An international research team has achieved a groundbreaking milestone by effectively manipulating the chirality of individual molecules through structural isomerization. Spearheaded by NIMS, in collaboration with the Osaka University Graduate School of Science and the Kanazawa University Nano Life Science Institute (WPI-NanoLSI), the team has also accomplished the synthesis of remarkably reactive diradicals containing two unpaired electrons. These remarkable feats were accomplished by employing a scanning tunneling microscope probe at low temperatures.
The team’s achievement marks a significant advancement in the field of molecular control, as they have successfully gained precise control over the chirality of molecules at the individual level. Chirality refers to the property of molecules that distinguishes them as either left-handed or right-handed, akin to how hands exhibit asymmetry. The control of chirality holds immense importance in various scientific disciplines, including chemistry, materials science, and biology.
To accomplish this feat, the researchers employed a state-of-the-art scanning tunneling microscope probe, a powerful tool capable of visualizing individual atoms and molecules at nanoscale resolution. By manipulating the position and arrangement of atoms within a molecule using the probe, the team was able to induce structural isomerization, altering the molecule’s geometry and consequently its chirality.
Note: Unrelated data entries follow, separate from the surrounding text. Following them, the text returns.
-- ===== src/Sched.antt =====
-- crates/linux-compat/src/proc.rs: the cooperative scheduler, with the pipes, counters and terminals
-- of fd.rs that parked tasks wait on. A shared object (`Rc<RefCell<_>>`) is a number, and `World` holds what is
-- behind it at the time; whether a socket can be read is the host's answer.
pub mod Futex
pub mod Ready
pub mod Wait
pub mod Ends
pub mod Clock
pub mod Hangup
mod Tests
use Prim.Native.Nat.{bit_and, bit_xor}
use web_tos.Prelude.{
  ℕ, zero, suc, ◌+◌, ◌-◌, ◌%◌, ◌^◌, List, [], ◌∷◌, ◌++◌, Bool, true, false, not, ◌&&◌, ◌||◌, Option,
  none, some, if◌then◌else◌, ltb, leb, ◌==◌, is_empty, is_some, length, any, min,
}
use web_tos.Prelude.Bytes.{Bytes}

-- The fields of fd.rs that readiness depends on.
pub record Pipe : Type 0 where
  pub data_len : ℕ
  pub readers : ℕ
  pub writers : ℕ
  pub activity : ℕ

pub record PtyEnds : Type 0 where
  pub m2s : Bytes
  pub s2m : Bytes
  pub masters : ℕ
  pub slaves : ℕ
  pub slave_ever_opened : Bool
  pub pty_activity : ℕ

pub record World : Type 0 where
  pub pipes : ℕ → Pipe
  pub event_count : ℕ → ℕ
  pub event_activity : ℕ → ℕ
  pub next_expiry : ℕ → Option ℕ
  pub socket_handle : ℕ → Option ℕ
  pub net_readable : ℕ → Bool
  pub ptys : ℕ → PtyEnds
  pub inotify_queue_len : ℕ → ℕ
  pub inotify_overflowed : ℕ → Bool
  pub inotify_activity : ℕ → ℕ
  pub vfork_done : ℕ → Bool

pub data Watch : Type 0 where
  pipe_readable pipe_writable event timer net_readable_of : ℕ → Watch
  pipe_activity event_activity_of : ℕ → ℕ → Watch
  pty_readable : ℕ → Bool → Watch
  pty_activity_of : ℕ → ℕ → Watch
  inotify_readable : ℕ → Watch
  inotify_activity_of : ℕ → ℕ → Watch
  always : Watch

-- `wait4`'s pid is the bit pattern of its `i64`.
pub data ParkState : Type 0 where
  ready_to_run : ParkState
  wait_child : ℕ → Bool → ParkState
  futex : ℕ → Bool → Option ℕ → ParkState
  pipe_read pipe_write : ℕ → ParkState
  waiting : List Watch → Option ℕ → ParkState
  vfork_wait : ℕ → ParkState

-- The fields of `Process` that the scheduler reads, and the state of a `ParkedTask`.
pub record Task : Type 0 where
  pub pid : ℕ
  pub tgid : ℕ
  pub ppid : ℕ
  pub sigmask : ℕ
  pub pending_signals : ℕ
  pub stopped : Bool
  pub stop_report : Option ℕ
  pub state : ParkState

pub record Zombie : Type 0 where
  pub pid : ℕ
  pub ppid : ℕ
  pub status : ℕ

pub record Scheduler : Type 0 where
  pub parked : List Task
  pub zombies : List Zombie
  pub next_pid : ℕ

abbrev pub pipe_capacity : ℕ
pipe_capacity = 0x10_0000

abbrev pub root_pid : ℕ
root_pid = 1000

unfoldable pub new : Scheduler
new = record { parked = []; zombies = []; next_pid = root_pid + 1 }

unfoldable pub group_has_parked : Scheduler → ℕ → Bool
group_has_parked s tgid = any (λ t. t.tgid == tgid) s.parked

-- `next_pid`
unfoldable pub take_pid : Scheduler → ℕ × Scheduler
take_pid s = (s.next_pid, record s { next_pid = s.next_pid + 1 })

unfoldable pub pipe_can_read : Pipe → Bool
pipe_can_read p = not (p.data_len == 0) || p.writers == 0

unfoldable pub pipe_can_write : Pipe → Bool
pipe_can_write p = ltb p.data_len pipe_capacity || p.readers == 0

-- `is_some_and(|t| now >= t)`
abbrev pub passed : ℕ → Option ℕ → Bool
passed now none = false
passed now (some t) = leb t now

-- `Watch::ready`
unfoldable pub ready : World → ℕ → Watch → Bool
ready w now (pipe_readable p) = pipe_can_read (w.pipes p)
ready w now (pipe_writable p) = pipe_can_write (w.pipes p)
ready w now (event e) = ltb 0 (w.event_count e)
ready w now (timer t) = passed now (w.next_expiry t)
ready w now (net_readable_of s) = elim (w.socket_handle s) [
  | none ↦ false
  | some handle ↦ w.net_readable handle
]
ready w now (pipe_activity p seen) = not ((w.pipes p).activity == seen)
ready w now (event_activity_of e seen) = not (w.event_activity e == seen)
ready w now (pty_readable p master) =
    let pty = w.ptys p in
    if master
    then not (is_empty pty.s2m) || (pty.slave_ever_opened && pty.slaves == 0)
    else not (is_empty pty.m2s) || pty.masters == 0
ready w now (pty_activity_of p seen) = not ((w.ptys p).pty_activity == seen)
ready w now (inotify_readable i) = not (w.inotify_queue_len i == 0) || w.inotify_overflowed i
ready w now (inotify_activity_of i seen) = not (w.inotify_activity i == seen)
ready w now always = true

-- The pid filter of `wait4`: -1, or the child's.
abbrev pub any_child : ℕ
any_child = 2 ^ 64 - 1

abbrev pub matches : ℕ → ℕ → ℕ → ℕ → Bool
matches parent filter child_pid child_ppid =
    (child_ppid == parent) && (filter == any_child || child_pid == filter)

unfoldable pub has_child : Scheduler → ℕ → ℕ → Bool
has_child s ppid filter =
    any (λ z. matches ppid filter z.pid z.ppid) s.zombies
    || any (λ t. matches ppid filter t.tgid t.ppid) s.parked

-- The search of `take_stop_report` through the parked tasks.
unfoldable pub stop_report_from : ℕ → ℕ → List Task → Option (ℕ × ℕ) × List Task
stop_report_from ppid filter [] = (none, [])
stop_report_from ppid filter (t ∷ tasks) =
    let rest = stop_report_from ppid filter tasks in
    if matches ppid filter t.tgid t.ppid
    then (elim t.stop_report [
      | none ↦ (rest.0, t ∷ rest.1)
      | some sig ↦ (some (t.tgid, sig), record t { stop_report = none } ∷ tasks)
    ])
    else (rest.0, t ∷ rest.1)

unfoldable pub take_stop_report : Scheduler → ℕ → ℕ → Option (ℕ × ℕ) × Scheduler
take_stop_report s ppid filter =
    let (found, parked) = stop_report_from ppid filter s.parked in
    (found, record s { parked = parked })

unfoldable pub zombie_from : ℕ → ℕ → List Zombie → Option Zombie × List Zombie
zombie_from ppid filter [] = (none, [])
zombie_from ppid filter (z ∷ zombies) =
    let rest = zombie_from ppid filter zombies in
    if matches ppid filter z.pid z.ppid then (some z, zombies) else (rest.0, z ∷ rest.1)

unfoldable pub take_zombie : Scheduler → ℕ → ℕ → Option Zombie × Scheduler
take_zombie s ppid filter =
    let (found, zombies) = zombie_from ppid filter s.zombies in
    (found, record s { zombies = zombies })

-- A task that waits on the futex and is not woken.
abbrev pub waits_on : ℕ → ParkState → Bool
waits_on addr (futex at woken deadline) = (at == addr) && not woken
waits_on addr _ = false

abbrev pub woken_state : ParkState → ParkState
woken_state (futex at woken deadline) = futex at true deadline
woken_state p = p

abbrev pub woken_task : Task → Task
woken_task t = record t { state = woken_state t.state }

-- The loop of `futex_wake`, with the tasks woken before.
unfoldable pub wake_loop : ℕ → ℕ → ℕ → List Task → ℕ × List Task
wake_loop addr count woken [] = (woken, [])
wake_loop addr count woken (t ∷ tasks) =
    if leb count woken then (woken, t ∷ tasks) else elim (waits_on addr t.state) [
      | true ↦ let r = wake_loop addr count (woken + 1) tasks in (r.0, woken_task t ∷ r.1)
      | false ↦ let r = wake_loop addr count woken tasks in (r.0, t ∷ r.1)
    ]

unfoldable pub futex_wake : Scheduler → ℕ → ℕ → ℕ × Scheduler
futex_wake s addr count =
    let (woken, parked) = wake_loop addr count 0 s.parked in (woken, record s { parked = parked })

unfoldable pub wait_is_satisfied : World → Scheduler → Task → ℕ → Bool
wait_is_satisfied w s t now = elim t.state [
  | ready_to_run ↦ true
  | futex at woken deadline ↦ woken || passed now deadline
  | wait_child filter untraced ↦
      any (λ z. matches t.tgid filter z.pid z.ppid) s.zombies
      || (untraced
          && any (λ u. is_some u.stop_report && matches t.tgid filter u.tgid u.ppid) s.parked)
  | pipe_read p ↦ pipe_can_read (w.pipes p)
  | pipe_write p ↦ pipe_can_write (w.pipes p)
  | waiting watches deadline ↦ passed now deadline || any (ready w now) watches
  | vfork_wait done ↦ w.vfork_done done
]

abbrev pub is_vfork : ParkState → Bool
is_vfork (vfork_wait done) = true
is_vfork _ = false

abbrev pub not64 : ℕ → ℕ
not64 x = bit_xor x (2 ^ 64 - 1)

unfoldable pub runnable : World → Scheduler → ℕ → Task → Bool
runnable w s now t =
    if t.stopped
    then false
    else if not (bit_and t.pending_signals (not64 t.sigmask) == 0) && not (is_vfork t.state)
    then true
    else wait_is_satisfied w s t now

-- `Iterator::position`
unfoldable pub position {ℓ} : {A : Type ℓ} → (A → Bool) → List A → Option ℕ
position p [] = none
position p (x ∷ xs) =
    let rest = position p xs in
    if p x then some 0 else (elim rest [ none ↦ none | some i ↦ some (suc i) ])

unfoldable pub find_ready : World → Scheduler → ℕ → Option ℕ
find_ready w s now = position (runnable w s now) s.parked

abbrev pub timer_expiries : World → List Watch → List ℕ
timer_expiries w [] = []
timer_expiries w (timer t ∷ watches) = elim (w.next_expiry t) [
  | none ↦ timer_expiries w watches
  | some d ↦ d ∷ timer_expiries w watches
]
timer_expiries w (_ ∷ watches) = timer_expiries w watches

abbrev pub option_list : Option ℕ → List ℕ
option_list none = []
option_list (some d) = d ∷ []

unfoldable pub deadlines_of : World → ParkState → List ℕ
deadlines_of w (futex at woken deadline) = option_list deadline
deadlines_of w (waiting watches deadline) = timer_expiries w watches ++ option_list deadline
deadlines_of w _ = []

unfoldable pub deadlines : World → List Task → List ℕ
deadlines w [] = []
deadlines w (t ∷ tasks) =
    let rest = deadlines w tasks in if t.stopped then rest else deadlines_of w t.state ++ rest

unfoldable pub least : List ℕ → Option ℕ
least [] = none
least (d ∷ ds) = elim (least ds) [ none ↦ some d | some e ↦ some (min d e) ]

unfoldable pub earliest_deadline : World → Scheduler → Option ℕ
earliest_deadline w s = least (deadlines w s.parked)

abbrev pub handles_of : World → List Watch → List ℕ
handles_of w [] = []
handles_of w (net_readable_of s ∷ watches) = option_list (w.socket_handle s) ++ handles_of w watches
handles_of w (_ ∷ watches) = handles_of w watches

unfoldable pub net_watch_handles : World → List Task → List ℕ
net_watch_handles w [] = []
net_watch_handles w (t ∷ tasks) =
    let rest = net_watch_handles w tasks in
    elim t.state [ waiting watches deadline ↦ handles_of w watches ++ rest | _ ↦ rest ]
Moreover, the researchers successfully synthesized diradicals with heightened reactivity levels, featuring two unpaired electrons. Diradicals are highly sought-after due to their potential applications in various fields, such as organic electronics and spintronics. Their reactivity arises from the presence of unpaired electrons, which endow them with distinctive electronic properties.
The significance of this breakthrough lies not only in the control over molecular chirality and the synthesis of diradicals but also in the methodology employed. Conducting their experiments under low-temperature conditions played a crucial role in achieving these results. The low temperatures allowed for greater stability and precision in controlling the molecules’ behavior, enhancing the success rate of the structural isomerization and diradical synthesis processes.
The successful manipulation of chirality at the molecular level opens up diverse possibilities for future research and technological advancements. This achievement could pave the way for the development of novel materials with tailored properties, leading to significant breakthroughs in fields such as drug discovery, catalysis, and nanotechnology.
In conclusion, an international research team led by NIMS, in collaboration with the Osaka University Graduate School of Science and the Kanazawa University Nano Life Science Institute (WPI-NanoLSI), has made remarkable strides in controlling the chirality of individual molecules through structural isomerization. Utilizing a scanning tunneling microscope probe at low temperatures, they have not only achieved precise control over molecular chirality but also synthesized highly reactive diradicals containing two unpaired electrons. This groundbreaking achievement holds tremendous potential for advancing various scientific disciplines and fostering innovation in numerous industries.